● **Aim of the exercise**: An exact copy of all the records is the expected answer.

(Records from a data source)
__________

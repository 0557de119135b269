-- ===== src/Examples/Clock.antt =====
-- A concrete time crate, whose latest instant is `last`, and a byte comparison.
use rust_libraries.Prelude.{
  ℕ, suc, ◌+◌, ◌-◌, ◌/◌, Option, none, some, ◌≡◌, refl, arith, leb, if◌then◌else◌,
}
use rust_libraries.Prelude.Int.{ℤ, pos, negsuc, pos_part, neg_part, sub_ℕ}
use rust_libraries.Time.{Timestamp, Duration, TimeApi}
use rust_libraries.Security.Compare.{SubtleApi}
use rust_libraries.Security.Authz.Permission.{text_eq, text_eq_iff}

abbrev last : ℕ
last = 1000000000000000000000

abbrev add : Timestamp → Duration → Option Timestamp
add a (pos n) = if leb (a + n) last then some (a + n) else none
add a (negsuc n) = if leb (suc n) a then some (a - suc n) else none

pub add_parts :
    (a : Timestamp) (d : Duration) (t : Timestamp)
    → add a d ≡ some t
    → t + neg_part d ≡ a + pos_part d
add_parts a (pos n) t e = ground arith
add_parts a (negsuc n) t e = ground arith

abbrev diff : Duration → Duration → Duration
diff d e = sub_ℕ (pos_part d + neg_part e) (neg_part d + pos_part e)

pub sub_ℕ_parts : (a b : ℕ) → b + pos_part (sub_ℕ a b) ≡ a + neg_part (sub_ℕ a b)
sub_ℕ_parts a b = ground arith

pub diff_lem :
    (d e : Duration)
    → pos_part (diff d e) + neg_part d + pos_part e ≡ neg_part (diff d e) + pos_part d + neg_part e
diff_lem d e = ground arith

abbrev whole_millis : Duration → ℤ
whole_millis (pos n) = pos (n / 1000000)
whole_millis (negsuc n) = sub_ℕ 0 (suc n / 1000000)

instance abbrev pub utc : TimeApi
utc = record {
  sub = sub_ℕ;
  add = add;
  sub_parts = sub_ℕ_parts;
  add_parts = add_parts;
  diff = diff;
  diff_parts = diff_lem;
  whole_millis = whole_millis;
  whole_millis_pos = λ n. refl;
}

instance abbrev pub plain_bytes : SubtleApi
plain_bytes = record { ct_eq = text_eq; ct_eq_iff = λ a b h. text_eq_iff a b }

__________

● **Written response**:
repository 0557de119135b269
-- ===== src/Examples/Clock.antt =====
-- A concrete time crate, whose latest instant is `last`, and a byte comparison.
use rust_libraries.Prelude.{
  ℕ, suc, ◌+◌, ◌-◌, ◌/◌, Option, none, some, ◌≡◌, refl, arith, leb, if◌then◌else◌,
}
use rust_libraries.Prelude.Int.{ℤ, pos, negsuc, pos_part, neg_part, sub_ℕ}
use rust_libraries.Time.{Timestamp, Duration, TimeApi}
use rust_libraries.Security.Compare.{SubtleApi}
use rust_libraries.Security.Authz.Permission.{text_eq, text_eq_iff}

abbrev last : ℕ
last = 1000000000000000000000

abbrev add : Timestamp → Duration → Option Timestamp
add a (pos n) = if leb (a + n) last then some (a + n) else none
add a (negsuc n) = if leb (suc n) a then some (a - suc n) else none

pub add_parts :
    (a : Timestamp) (d : Duration) (t : Timestamp)
    → add a d ≡ some t
    → t + neg_part d ≡ a + pos_part d
add_parts a (pos n) t e = ground arith
add_parts a (negsuc n) t e = ground arith

abbrev diff : Duration → Duration → Duration
diff d e = sub_ℕ (pos_part d + neg_part e) (neg_part d + pos_part e)

pub sub_ℕ_parts : (a b : ℕ) → b + pos_part (sub_ℕ a b) ≡ a + neg_part (sub_ℕ a b)
sub_ℕ_parts a b = ground arith

pub diff_lem :
    (d e : Duration)
    → pos_part (diff d e) + neg_part d + pos_part e ≡ neg_part (diff d e) + pos_part d + neg_part e
diff_lem d e = ground arith

abbrev whole_millis : Duration → ℤ
whole_millis (pos n) = pos (n / 1000000)
whole_millis (negsuc n) = sub_ℕ 0 (suc n / 1000000)

instance abbrev pub utc : TimeApi
utc = record {
  sub = sub_ℕ;
  add = add;
  sub_parts = sub_ℕ_parts;
  add_parts = add_parts;
  diff = diff;
  diff_parts = diff_lem;
  whole_millis = whole_millis;
  whole_millis_pos = λ n. refl;
}

instance abbrev pub plain_bytes : SubtleApi
plain_bytes = record { ct_eq = text_eq; ct_eq_iff = λ a b h. text_eq_iff a b }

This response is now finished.